> About this exercise:
From the data below, copy exactly the lines that lie between the one holding "pub mod Windows" and the one holding "pub end_date : String", including both, and nothing more.

> Data to examine:
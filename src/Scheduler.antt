-- ===== src/Scheduler.antt =====
-- The triggers of api/v1alpha1/smarthorizontalpodautoscaler_types.go, and the time windows of
-- internal/scheduler/scheduler.go: the Go side, which reads the triggers that ml writes.
pub mod Context
pub mod Decode
pub mod Windows
pub mod Days
pub mod ReadBack
pub mod Agreement
pub mod Cron
pub mod Spec
pub mod Rivals
pub mod Top
pub mod Sane
pub mod Kept
pub mod Steps
pub mod Refresh
use smart_hpa.Prelude.{
  ℕ, ◌+◌, ◌*◌, ◌%◌, Bool, true, false, not, ◌&&◌, ◌||◌, String, List, [], ◌∷◌, ◌++◌, get_elem?,
  Option, none, some, ltb, leb, if◌then◌else◌,
}
use smart_hpa.Prelude.Int.{ℤ, pos}
use smart_hpa.Prelude.Text.{concat, join, decimal, str_eq}
use smart_hpa.Prelude.Text.Split.{split, trim_space, is_blank}
use smart_hpa.Clock.{hour, minute, weekday}

-- Absent texts are empty, as in Go. The desired replicas of a configuration, which nothing reads, are left
-- out.
pub record Interval : Type 0 where
  pub recurring : String
  pub start_date : String
  pub end_date : String

pub record HpaConfig : Type 0 where
  pub min_replicas : Option ℤ
  pub max_replicas : Option ℤ

pub record Trigger : Type 0 where
  pub name : String
  pub priority : Option ℤ
  pub timezone : String
  pub interval : Option Interval
  pub start_time : String
  pub end_time : String
  pub start_hpa_config : Option HpaConfig
  pub end_hpa_config : Option HpaConfig
  pub suspend : Bool

-- What Go's time package does. An instant is the number of microseconds since year 1 in UTC, and a
-- location gives the clock of a place at an instant, in the same unit.
pub record Times : Type 0 where
  -- `time.LoadLocation(name)`, `none` for an error.
  pub load_location : String → Option (ℕ → ℕ)
  -- `time.Parse("15:04:05", text)`: the hour, the minute and the second.
  pub parse_time : String → Option (ℕ × ℕ × ℕ)
  -- `time.Date(year, month, day, hour, minute, second, 0, location)` for the date that the clock of the
  -- location shows at an instant, and a time: the instant. Where a zone's shift leaves that time out, it
  -- is another time.
  pub date : (ℕ → ℕ) → ℕ → ℕ × ℕ × ℕ → ℕ
  -- `time.Parse(time.DateOnly, text)`
  pub parse_date : String → Option ℕ

-- `WeekdayShort`
abbrev pub weekday_short : List String
weekday_short = "SUN" ∷ "M" ∷ "TU" ∷ "W" ∷ "TH" ∷ "F" ∷ "SAT" ∷ []

abbrev pub day_or_empty : Option String → String
day_or_empty (some name) = name
day_or_empty none = ""

-- `WeekdayShort[int(now.Weekday())]` of a clock: `weekday` begins with Monday, Go with Sunday.
unfoldable pub current_day : ℕ → String
current_day t = day_or_empty (get_elem? weekday_short ((weekday t + 1) % 7))

-- `WeekdayToCron`
abbrev pub weekday_to_cron : String → List String
weekday_to_cron day =
    if str_eq day "SUN"
    then "0" ∷ []
    else if str_eq day "M"
    then "1" ∷ []
    else if str_eq day "TU"
    then "2" ∷ []
    else if str_eq day "W"
    then "3" ∷ []
    else if str_eq day "TH"
    then "4" ∷ []
    else if str_eq day "F"
    then "5" ∷ []
    else if str_eq day "SAT"
    then "6" ∷ []
    else []

-- The loop over the days of `recurring`.
abbrev pub has_day : String → List String → Bool
has_day current [] = false
has_day current (day ∷ days) =
    let rest = has_day current days in if str_eq (trim_space day) current then true else rest

abbrev pub location_or_utc : Option (ℕ → ℕ) → ℕ → ℕ
location_or_utc (some location) = location
location_or_utc none = λ now. now

abbrev pub is_between : ℕ → Option ℕ → Option ℕ → Bool
is_between now (some start) (some end) = ltb start now && ltb now end
is_between now _ _ = false

abbrev pub in_interval : String → ℕ → (String → Option ℕ) → Option Interval → Bool
in_interval current now parse_date none = false
in_interval current now parse_date (some interval) =
    if not (is_blank interval.recurring)
    then has_day current (split b',' interval.recurring)
    else if not (is_blank interval.start_date) && not (is_blank interval.end_date)
    then is_between now (parse_date interval.start_date) (parse_date interval.end_date)
    else false

-- `HasValidInterval`
abbrev pub has_valid_interval : Option Interval → Bool
has_valid_interval none = false
has_valid_interval (some interval) =
    not (is_blank interval.recurring)
    || (not (is_blank interval.start_date) && not (is_blank interval.end_date))

abbrev pub cron_days : List String → List String
cron_days [] = []
cron_days (day ∷ days) = weekday_to_cron (trim_space day) ++ cron_days days

abbrev pub days_or_star : List String → String
days_or_star [] = "*"
days_or_star (day ∷ days) = join "," (day ∷ days)

-- `GetCronWeekdays`
unfoldable pub get_cron_weekdays : Option Interval → String
unfolding split join
get_cron_weekdays none = "*"
get_cron_weekdays (some interval) =
    if is_blank interval.recurring
    then "*"
    else days_or_star (cron_days (split b',' interval.recurring))

-- `getPriority`
abbrev pub get_priority : Trigger → ℤ
get_priority trigger = elim trigger.priority [ some priority ↦ priority | none ↦ pos 0 ]

pub data TimeWindowState : Type 0 where
  unknown before within after : TimeWindowState

-- Of a clock.
abbrev pub to_minutes_since_midnight : ℕ → ℕ
to_minutes_since_midnight t = hour t * 60 + minute t

-- `isTimeWithinWindow`
unfoldable pub is_time_within_window : ℕ → ℕ → ℕ → Bool
is_time_within_window current start end =
    if leb start end
    then leb start current && ltb current end
    else leb start current || ltb current end

-- The end of `isWithinTimeWindow`, after the texts are parsed.
abbrev pub window_state : ℕ → Bool → Option ℕ → Option ℕ → Option TimeWindowState
window_state current needed (some start) (some end) =
    let s = to_minutes_since_midnight start in
    let e = to_minutes_since_midnight end in
    if not needed
    then some unknown
    else if is_time_within_window current s e
    then some within
    else if leb e current
    then some after
    else some before
window_state current needed _ _ = none

module _ (times : Times) where
  open times use {load_location, parse_time, date, parse_date}

  -- `loadTimezone`, and the clock of its location.
  abbrev pub clock : String → ℕ → ℕ
  clock timezone now = location_or_utc (load_location timezone) now

  -- `NeedRecurring`
  unfoldable pub need_recurring : ℕ → Trigger → Bool
  unfolding current_day split
  need_recurring now trigger =
      in_interval (current_day (clock trigger.timezone now)) now parse_date trigger.interval

  abbrev pub today_at : (ℕ → ℕ) → ℕ → Option (ℕ × ℕ × ℕ) → Option ℕ
  today_at location now (some t) = some (location (date location now t))
  today_at location now none = none

  -- `parseTimeString`: what the clock of the location shows then, `none` for an error.
  unfoldable pub parse_time_string : ℕ → Trigger → String → Option ℕ
  parse_time_string now trigger text =
      if is_blank text then none else today_at (clock trigger.timezone) now (parse_time text)

  -- `isWithinTimeWindow`, `none` for an error.
  unfoldable pub is_within_time_window : ℕ → Trigger → Option TimeWindowState
  unfolding need_recurring is_time_within_window parse_time_string
  is_within_time_window now trigger =
      let local = clock trigger.timezone now in
      window_state (to_minutes_since_midnight local) (need_recurring now trigger)
        (parse_time_string now trigger trigger.start_time)
        (parse_time_string now trigger trigger.end_time)

  abbrev pub cron_text : String → Option ℕ → Option String
  cron_text weekdays (some t) =
      some (concat (decimal (minute t) ∷ " " ∷ decimal (hour t) ∷ " * * " ∷ weekdays ∷ []))
  cron_text weekdays none = none

  -- `GetCronTab`
  unfoldable pub get_cron_tab : ℕ → Trigger → String → Option String
  unfolding get_cron_weekdays concat decimal parse_time_string
  get_cron_tab now trigger time =
      cron_text (get_cron_weekdays trigger.interval) (parse_time_string now trigger time)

> Your solution:
pub mod Windows
pub mod Days
pub mod ReadBack
pub mod Agreement
pub mod Cron
pub mod Spec
pub mod Rivals
pub mod Top
pub mod Sane
pub mod Kept
pub mod Steps
pub mod Refresh
use smart_hpa.Prelude.{
  ℕ, ◌+◌, ◌*◌, ◌%◌, Bool, true, false, not, ◌&&◌, ◌||◌, String, List, [], ◌∷◌, ◌++◌, get_elem?,
  Option, none, some, ltb, leb, if◌then◌else◌,
}
use smart_hpa.Prelude.Int.{ℤ, pos}
use smart_hpa.Prelude.Text.{concat, join, decimal, str_eq}
use smart_hpa.Prelude.Text.Split.{split, trim_space, is_blank}
use smart_hpa.Clock.{hour, minute, weekday}

-- Absent texts are empty, as in Go. The desired replicas of a configuration, which nothing reads, are left
-- out.
pub record Interval : Type 0 where
  pub recurring : String
  pub start_date : String
  pub end_date : String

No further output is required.